Baca Juga: MUI Tegaskan Slot Masuk Kategori Haram, Jangan Dimainkan!
Ia mengatakan Malaysia mendapatkan peluang untuk menjadi negara penting di Asia Tenggara, selain Indonesia, dalam mempromosikan dan mengarusutamakan Islam moderat.
Dalam konteks internasional, pemerintah Anwar ini memiliki peluang yang lebih luas untuk mengembangkan kerjasama dengan banyak negara secara ekstensif.
Sikap dan pandangannya yang terbuka tergambar juga dalam kabinet yang mewakili multi etnik dan agama, menjadi salah satu faktor kemungkinan besar penerimaaan masyarakat internasional terhadap pemerintah Anwar. Ini penting khususnya untuk memperkuat ekonomi Malaysia, ujar Sudarnoto yang juga peneliti tentang Malaysia itu.
Selain itu, ia mengatakan Anwar sudah menanti selama 24 tahun. Itu pun dengan berbagi liku-liku atau drama politik yang cukup menegangkan dan tentu saja menghabiskan energi.

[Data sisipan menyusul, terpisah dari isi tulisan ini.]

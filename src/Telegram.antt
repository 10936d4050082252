-- ===== src/Telegram.antt =====
-- apps/worker/src/modules/telegram-service.ts: the delivery of a listing's card to one chat.
pub mod Policy
pub mod Card
pub mod Senders
pub mod Accepted
pub mod Receipt
pub mod Fencing
pub mod Retry
pub mod Send
pub mod Cleanup
pub mod FirstSignals
pub mod Bundles
pub mod Listed
pub mod Admission
mod Examples
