-- ===== src/Telegram/Policy.antt =====
-- apps/worker/src/modules/telegram-service.ts and telegram-delivery-policy.ts: the statuses of a card,
-- the retry delays and the classification of failures. Times are milliseconds.
use auto_monitor_bot.Base.{
  ℕ, zero, suc, ◌+◌, ◌-◌, ◌*◌, ◌/◌, ◌^◌, ◌≤◌, max, min, ◌≡◌, refl, ap, sym, ◌∙◌, Bool, true, false,
  not, ◌&&◌, Option, none, some, arith, leb, ◌==◌, if◌then◌else◌, or_else, List, [], ◌∷◌, get_elem?,
}

-- `TelegramNotificationStatus`.
pub data CardStatus : Type 0 where
  pending flash_pending processing retry_pending sent updated failed : CardStatus
  sending transient ambiguous delivered permanent quarantined : CardStatus

-- `TelegramDeliveryFailureState`.
pub data FailureState : Type 0 where
  failure_transient failure_ambiguous failure_permanent : FailureState

-- What the code reads of an error: `telegramRetryAfterSeconds`, and whether the message matches the
-- expressions of `isPermanentTelegramChatError`, `isTelegramMediaRejected`,
-- `isTelegramDeleteTooOldError`, `isTelegramMessageGoneError`, `isPermanentTelegramEditError`,
-- `message is not modified`, `no text in the message` and `no caption`.
pub record ApiError : Type 0 where
  pub retry_after_seconds : Option ℕ
  pub permanent_chat : Bool
  pub media_rejected : Bool
  pub delete_too_old : Bool
  pub message_gone : Bool
  pub permanent_edit : Bool
  pub not_modified : Bool
  pub no_text : Bool
  pub no_caption : Bool

-- An error that none of the expressions matches.
abbrev pub plain_error : ApiError
plain_error = record {
  retry_after_seconds = none;
  permanent_chat = false;
  media_rejected = false;
  delete_too_old = false;
  message_gone = false;
  permanent_edit = false;
  not_modified = false;
  no_text = false;
  no_caption = false;
}

abbrev pub status_index : CardStatus → ℕ
status_index pending = 0
status_index flash_pending = 1
status_index processing = 2
status_index retry_pending = 3
status_index sent = 4
status_index updated = 5
status_index failed = 6
status_index sending = 7
status_index transient = 8
status_index ambiguous = 9
status_index delivered = 10
status_index permanent = 11
status_index quarantined = 12

-- Equality of two statuses in a database condition.
abbrev pub same_status : CardStatus → CardStatus → Bool
same_status a b = status_index a == status_index b

-- `QUARANTINABLE_STATUSES`.
unfoldable pub is_quarantinable : CardStatus → Bool
is_quarantinable transient = true
is_quarantinable failed = true
is_quarantinable retry_pending = true
is_quarantinable _ = false

-- `TELEGRAM_SEND_LEASE_MS` and `TELEGRAM_MAX_DELIVERY_ATTEMPTS`.
abbrev pub telegram_send_lease_ms : ℕ
telegram_send_lease_ms = 60000

abbrev pub telegram_max_delivery_attempts : ℕ
telegram_max_delivery_attempts = 30

-- `shouldQuarantineDelivery`.
unfoldable pub should_quarantine_delivery : CardStatus → ℕ → Bool
unfolding is_quarantinable
should_quarantine_delivery status attempt_count =
    leb telegram_max_delivery_attempts attempt_count && is_quarantinable status

-- `TELEGRAM_DELIVERY_BACKOFF_BASE_MS` and `TELEGRAM_DELIVERY_BACKOFF_CAP_MS`.
abbrev pub telegram_delivery_backoff_base_ms : ℕ
telegram_delivery_backoff_base_ms = 5000

abbrev pub telegram_delivery_backoff_cap_ms : ℕ
telegram_delivery_backoff_cap_ms = 30 * 60 * 1000

-- `Math.round` of the exponential delay times 0.8 + random * 0.4, where `random` counts thousandths.
abbrev pub jittered_delay_ms : ℕ → ℕ → ℕ
jittered_delay_ms exponential random = (exponential * (8000 + min 1000 random * 4) + 5000) / 10000

abbrev pub exponential_delay_ms : ℕ → ℕ
exponential_delay_ms attempt_count =
    min telegram_delivery_backoff_cap_ms
      (telegram_delivery_backoff_base_ms * 2 ^ min 10 (attempt_count - 1))

-- `telegramDeliveryRetryDelayMs`.
unfoldable pub telegram_delivery_retry_delay_ms : ℕ → Option ℕ → ℕ → ℕ
telegram_delivery_retry_delay_ms attempt_count retry_after_seconds random =
    max
      (min telegram_delivery_backoff_cap_ms
        (jittered_delay_ms (exponential_delay_ms attempt_count) random))
      (or_else retry_after_seconds 0 * 1000)

abbrev pub truthy_number : Option ℕ → Bool
truthy_number none = false
truthy_number (some n) = not (n == 0)

-- `classifyTelegramDeliveryFailure`.
unfoldable pub classify_telegram_delivery_failure : ApiError → Bool → Bool → FailureState
classify_telegram_delivery_failure e request_started acceptance_persisted =
    if e.permanent_chat
    then failure_permanent
    else if truthy_number e.retry_after_seconds
    then failure_transient
    else if request_started && not acceptance_persisted
    then failure_ambiguous
    else failure_transient

-- `albumExtraGateDelayMs`.
unfoldable pub album_extra_gate_delay_ms : ℕ → ℕ → ℕ
album_extra_gate_delay_ms photo_count slot_ms = (min photo_count 10 - 1) * slot_ms

-- `RETRYABLE_DELIVERY_STATUSES`.
unfoldable pub is_retryable : CardStatus → Bool
is_retryable pending = true
is_retryable transient = true
is_retryable ambiguous = true
is_retryable retry_pending = true
is_retryable failed = true
is_retryable _ = false

-- `telegramRetryDueWhere`.
unfoldable pub telegram_retry_due : ℕ → Option ℕ → Bool
telegram_retry_due now none = true
telegram_retry_due now (some at) = leb at now

statuses : List CardStatus
statuses =
    pending ∷ flash_pending ∷ processing ∷ retry_pending ∷ sent ∷ updated ∷ failed ∷ sending
    ∷ transient ∷ ambiguous ∷ delivered ∷ permanent ∷ quarantined ∷ []

of_index : ℕ → CardStatus
of_index i = or_else (get_elem? statuses i) quarantined

of_index-status_index : (s : CardStatus) → of_index (status_index s) ≡ s
unfolding of_index statuses
of_index-status_index pending = refl
of_index-status_index flash_pending = refl
of_index-status_index processing = refl
of_index-status_index retry_pending = refl
of_index-status_index sent = refl
of_index-status_index updated = refl
of_index-status_index failed = refl
of_index-status_index sending = refl
of_index-status_index transient = refl
of_index-status_index ambiguous = refl
of_index-status_index delivered = refl
of_index-status_index permanent = refl
of_index-status_index quarantined = refl

-- The database's equality of statuses is equality.
pub same_status-eq : (a b : CardStatus) → same_status a b ≡ true → a ≡ b
same_status-eq a b h =
    let indices : status_index a ≡ status_index b = ground arith in
    sym (of_index-status_index a) ∙ ap of_index indices ∙ of_index-status_index b

one-le-pow : (n : ℕ) → 1 ≤ 2 ^ n
one-le-pow zero = omega arith
one-le-pow (suc n) = omega (arith, one-le-pow n)

exponential_delay_ms-lower : (a : ℕ) → telegram_delivery_backoff_base_ms ≤ exponential_delay_ms a
exponential_delay_ms-lower a = omega (arith, one-le-pow (min 10 (a - 1)))

-- A retry waits at least what Telegram asked for and at least four seconds, and at most half an hour
-- where Telegram asked for no more.
pub telegram_delivery_retry_delay_ms-bounded :
    (attempt_count : ℕ) (retry_after_seconds : Option ℕ) (random : ℕ)
    → let delay = telegram_delivery_retry_delay_ms attempt_count retry_after_seconds random in
      (or_else retry_after_seconds 0 * 1000 ≤ delay)
      × (4000 ≤ delay)
      × (delay ≤ max telegram_delivery_backoff_cap_ms (or_else retry_after_seconds 0 * 1000))
unfolding telegram_delivery_retry_delay_ms
telegram_delivery_retry_delay_ms-bounded a s r =
    let low : 4000 ≤ jittered_delay_ms (exponential_delay_ms a) r =
      omega (arith, exponential_delay_ms-lower a) in
    (omega arith, omega arith, omega arith)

"Ini menggambarkan keuletan dan ketabahan sekaligus keyakinannya terhadap perubahan Malaysia yang selama waktu yang panjang diperjuangkan oleh Anwar. Tak berlebihan untuk dikatakan bahwa Anwar sesungguhnya mewakili gagasan, gerakan dan kekuatan demokrasi progresif yang selama ini menghadapi kekuatan konservatif," kata dia.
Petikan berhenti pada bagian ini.